Task brief: Return, word for word, only the lines of the data below that lie between the line with "unfolding goes_on" and the line with "tree_of-Grows p (e", those two lines included.

== Segment start ==

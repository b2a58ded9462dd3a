-- ===== src/Parse/Tree/Grow.antt =====
-- do_msg_tree of src/parse.c makes a tree of the entries of each prefix.
use igniteircd.Prelude.{
  ℕ, zero, suc, ◌≤◌, ◌<◌, ◌≡◌, refl, sym, ap, subst, ◌∙◌, inl, inr, true, false, none, some, List,
  [], ◌∷◌, Text, length, drop, get_or, if◌then◌else◌, Bool-cases, All, arith,
}
use mathlib.Core.Bool.{false≢true}
use igniteircd.Chars.Tables.{IsChar}
use igniteircd.Mask.Compare.{same_name}
use igniteircd.Parse.Tree.{
  Entry, MessageTree, node, no_final, whole, rest, starts, goes_on, pointers_of, visit, walk, Built,
  built, Letters, each_letter, no_pointers, tree_of, branch, do_msg_tree, Final, is_end,
}
use igniteircd.Parse.Tree.Order.{
  text_lt, text_lt-drop, next_char, run, beyond, longer, run-head, Below,
}
use igniteircd.Parse.Tree.Visit.{same_name-nil, find, Capital, GoOn, answer, Points, walk-find}
use igniteircd.Mask.Compare.{irccmp, difference}
use igniteircd.Mask.Compare.Laws.{to_upper-pos, same_name_refl}
use igniteircd.Parse.Tree.Letter.{AllCapital, Grows}
use igniteircd.Parse.Tree.Loop.{IsTable, Done, each_letter-Done, run-stop, beyond-stop}
use igniteircd.Prelude.{is_zero}

same_name-prefix :
    (p s : Text) → starts p s ≡ true → same_name s p ≡ same_name (drop (length p) s) []
unfolding starts same_name irccmp
same_name-prefix [] s h = refl
same_name-prefix (a ∷ p) [] h = cc
same_name-prefix (a ∷ p) (b ∷ s) h =
    let same : a ≡ b = ground (arith, h) in
    let z : is_zero (difference b a) ≡ true = ground (arith, same) in
    rw z (same_name-prefix p s (ground (arith, h)))

-- A command is its prefix only if nothing is behind it.
ends_at : (n : ℕ) (s : Text) → All Capital s → same_name (drop n s) [] ≡ true → drop n s ≡ []
ends_at zero [] a h = refl
ends_at zero (c ∷ s) a h = absurd (false≢true (sym (same_name-nil c s a.0) ∙ h))
ends_at (suc n) [] a h = refl
ends_at (suc n) (c ∷ s) a h = ends_at n s a.1 h

goes_past :
    (n : ℕ) (s : Text) → All Capital s → same_name (drop n s) [] ≡ false → 0 < length (drop n s)
unfolding same_name irccmp
goes_past n s a h = at (drop n s) h
  where
    at : (t : Text) → same_name t [] ≡ false → 0 < length t
    at [] h = absurd (false≢true (sym h ∙ same_name_refl []))
    at (c ∷ t) h = omega arith

text_lt-length : (s t : Text) → text_lt s t ≡ true → 0 < length t
text_lt-length s [] h = cc
text_lt-length s (c ∷ t) h = omega arith

Capital-at : (n : ℕ) (s : Text) → 0 < length (drop n s) → All Capital s → Capital (get_or s n 0)
Capital-at zero [] h a = absurd (omega arith)
Capital-at zero (c ∷ s) h a = a.0
Capital-at (suc n) [] h a = absurd (omega arith)
Capital-at (suc n) (c ∷ s) h a = Capital-at n s h a.1

-- All entries of the run but the first go on behind the prefix.
GoOn-behind :
    (p : Text) (e : Entry) (entries : List Entry)
    → starts p e.cmd ≡ true
    → All (Below e) entries
    → AllCapital entries
    → GoOn p (run p entries)
GoOn-behind p e [] h b a = tt
GoOn-behind p e (d ∷ entries) h b a = elim (Bool-cases (starts p d.cmd)) [
  | inr f ↦ rw f tt
  | inl t ↦
      let past =
        text_lt-length (drop (length p) e.cmd) (drop (length p) d.cmd)
          (text_lt-drop p e.cmd d.cmd h t b.0) in
      rw t (Capital-at (length p) d.cmd past a.0, GoOn-behind p e entries h b.1 a.1)
]

GoOn-all : (p : Text) (xs : List Entry) → GoOn p xs → All (λ e. b'A' ≤ next_char p e) xs
GoOn-all p [] g = tt
GoOn-all p (e ∷ xs) g = (g.0.0, GoOn-all p xs g.1)

walk_nothing : (s : Text) → walk no_pointers s ≡ none
unfolding walk visit
walk_nothing [] = refl
walk_nothing (r ∷ s) = ground arith

same_name-end : (s : Text) → All IsChar s → same_name [] s ≡ is_end s
unfolding same_name irccmp
same_name-end [] h = same_name_refl []
same_name-end (c ∷ s) h = to_upper-pos c h.0

tree_of-Grows :
    (p : Text) (entries : List Entry) (f : Final) (m : ℕ) (l : Letters)
    → Done p entries l
    → (pointers : ℕ → MessageTree) × (tree_of f m l ≡ built (node f m pointers) (beyond p entries))
      × Points pointers p (run p entries)
unfolding tree_of
tree_of-Grows p entries f m l (pointers, e, q) = rw e (pointers, refl, q)

whole-answer :
    (p : Text) (e : Entry) (m : ℕ) (pointers : ℕ → MessageTree) (entries : List Entry) (s : Text)
    → m ≡ e.msg
    → drop (length p) e.cmd ≡ []
    → GoOn p entries
    → Points pointers p entries
    → All IsChar s
    → answer (node whole m pointers) s ≡ find (length p) (e ∷ entries) s
unfolding visit pointers_of
whole-answer p e m pointers entries s own nothing g q h =
    rw (nothing, same_name-end s h, own)
      (ap (λ o. if is_end s then some e.msg else o) (walk-find pointers p entries s q g h))

abbrev Grower : (Text → List Entry → Built) → ℕ → Text → Type 0
Grower build room p =
    (c : ℕ) (later : List Entry)
    → IsTable room (longer p c) later
    → goes_on (longer p c) later ≡ true
    → Grows build (longer p c) later

whole-Grows :
    (build : Text → List Entry → Built) (room : ℕ) (p : Text) (e : Entry) (entries : List Entry)
    → IsTable (suc room) p (e ∷ entries)
    → starts p e.cmd ≡ true
    → goes_on p entries ≡ true
    → drop (length p) e.cmd ≡ []
    → Grower build room p
    → (t : MessageTree) × (tree_of whole e.msg (each_letter build p 26 entries)
        ≡ built t (beyond p entries))
      × ((s : Text) → All IsChar s → answer t s ≡ find (length p) (e ∷ run p entries) s)
whole-Grows build room p e entries h g more nothing grows =
    let go_on = GoOn-behind p e entries g h.sorted.0 h.capital.1 in
    let h' : IsTable (suc room) p entries = record {
      sorted = h.sorted.1;
      capital = h.capital.1;
      fits = h.fits.1;
    } in
    let done =
      each_letter-Done build room p 26 entries (omega arith) h' more
        (GoOn-all p (run p entries) go_on) grows in
    let (pointers, made, q) =
      tree_of-Grows p entries whole e.msg (each_letter build p 26 entries) done in
    (
      node whole e.msg pointers,
      made,
      λ s hs. whole-answer p e e.msg pointers (run p entries) s refl nothing go_on q hs,
    )

-- The pointers of an ambiguous node without a command of its own.
pub no_final-Grows :
    (build : Text → List Entry → Built) (room : ℕ) (p : Text) (e : Entry) (entries : List Entry)
    → IsTable (suc room) p (e ∷ entries)
    → starts p e.cmd ≡ true
    → same_name e.cmd p ≡ false
    → Grower build room p
    → (pointers : ℕ → MessageTree) × (tree_of no_final 0 (each_letter build p 26 (e ∷ entries))
        ≡ built (node no_final 0 pointers) (beyond p entries))
      × ((s : Text) → All IsChar s → walk pointers s ≡ find (length p) (e ∷ run p entries) s)
unfolding goes_on
no_final-Grows build room p e entries h g f grows =
    let past = goes_past (length p) e.cmd h.capital.0 (sym (same_name-prefix p e.cmd g) ∙ f) in
    let go_on : GoOn p (e ∷ run p entries) = (
      Capital-at (length p) e.cmd past h.capital.0,
      GoOn-behind p e entries g h.sorted.0 h.capital.1,
    ) in
    let from =
      subst (All (λ e. b'A' ≤ next_char p e)) (sym (run-head p e entries g))
        (GoOn-all p (e ∷ run p entries) go_on) in
    let done = each_letter-Done build room p 26 (e ∷ entries) (omega arith) h g from grows in
    let (pointers, made, q) =
      tree_of-Grows p (e ∷ entries) no_final 0 (each_letter build p 26 (e ∷ entries)) done in
    let here : beyond p (e ∷ entries) ≡ beyond p entries = rw g refl in
    let q' = subst (Points pointers p) (run-head p e entries g) q in
    (
      pointers,
      made ∙ ap (built (node no_final 0 pointers)) here,
      λ s hs. walk-find pointers p (e ∷ run p entries) s q' go_on hs,
    )

branch-Grows :
    (build : Text → List Entry → Built) (room : ℕ) (p : Text) (e : Entry) (entries : List Entry)
    → IsTable (suc room) p (e ∷ entries)
    → starts p e.cmd ≡ true
    → goes_on p entries ≡ true
    → Grower build room p
    → (t : MessageTree) × (branch build p e entries ≡ built t (beyond p entries))
      × ((s : Text) → All IsChar s → answer t s ≡ find (length p) (e ∷ run p entries) s)
unfolding branch visit pointers_of no_final-Grows
branch-Grows build room p e entries h g more grows = elim (Bool-cases (same_name e.cmd p)) [
  | inl t ↦
      let nothing = ends_at (length p) e.cmd h.capital.0 (sym (same_name-prefix p e.cmd g) ∙ t) in
      rw t (whole-Grows build room p e entries h g more nothing grows)
  | inr f ↦
      let (pointers, made, found) = no_final-Grows build room p e entries h g f grows in
      rw f (node no_final 0 pointers, made, found)
]

leaf-answer :
    (p : Text) (e : Entry) (s : Text)
    → answer (node (rest (drop (length p) e.cmd)) e.msg no_pointers) s ≡ find (length p) (e ∷ []) s
unfolding visit pointers_of
leaf-answer p e s =
    ap (λ o. if same_name (drop (length p) e.cmd) s then some e.msg else o) (walk_nothing s)

length-starts : (p s : Text) → starts p s ≡ true → length p ≤ length s
unfolding starts
length-starts [] s h = omega arith
length-starts (a ∷ p) [] h = cc
length-starts (a ∷ p) (b ∷ s) h = omega (arith, length-starts p s (ground (arith, h)))

pub do_msg_tree-Grows :
    (fuel : ℕ) (p : Text) (entries : List Entry)
    → IsTable fuel p entries
    → goes_on p entries ≡ true
    → Grows (do_msg_tree fuel) p entries
unfolding do_msg_tree goes_on
do_msg_tree-Grows fuel p [] h g = absurd (false≢true g)
do_msg_tree-Grows zero p (e ∷ entries) h g =
    absurd (omega (arith, length-starts p e.cmd g, h.fits.0))
do_msg_tree-Grows (suc fuel) p (e ∷ entries) h g = elim (Bool-cases (goes_on p entries)) [
  | inl more ↦
      let (t, made, found) =
        branch-Grows (do_msg_tree fuel) fuel p e entries h g more
          (λ c later h' g'. do_msg_tree-Grows fuel (longer p c) later h' g') in
      rw (g, more) (t, made, found)
  | inr last ↦
      rw (g, last)
        (
          node (rest (drop (length p) e.cmd)) e.msg no_pointers,
          ap (built (node (rest (drop (length p) e.cmd)) e.msg no_pointers))
              (sym (beyond-stop p entries last)),
          λ s hs.
              leaf-answer p e s
              ∙ ap (λ l. find (length p) (e ∷ l) s) (sym (run-stop p entries last)),
        )
]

== Segment end ==

Answer to this exercise:
unfolding goes_on
no_final-Grows build room p e entries h g f grows =
    let past = goes_past (length p) e.cmd h.capital.0 (sym (same_name-prefix p e.cmd g) ∙ f) in
    let go_on : GoOn p (e ∷ run p entries) = (
      Capital-at (length p) e.cmd past h.capital.0,
      GoOn-behind p e entries g h.sorted.0 h.capital.1,
    ) in
    let from =
      subst (All (λ e. b'A' ≤ next_char p e)) (sym (run-head p e entries g))
        (GoOn-all p (e ∷ run p entries) go_on) in
    let done = each_letter-Done build room p 26 (e ∷ entries) (omega arith) h g from grows in
    let (pointers, made, q) =
      tree_of-Grows p (e ∷ entries) no_final 0 (each_letter build p 26 (e ∷ entries)) done in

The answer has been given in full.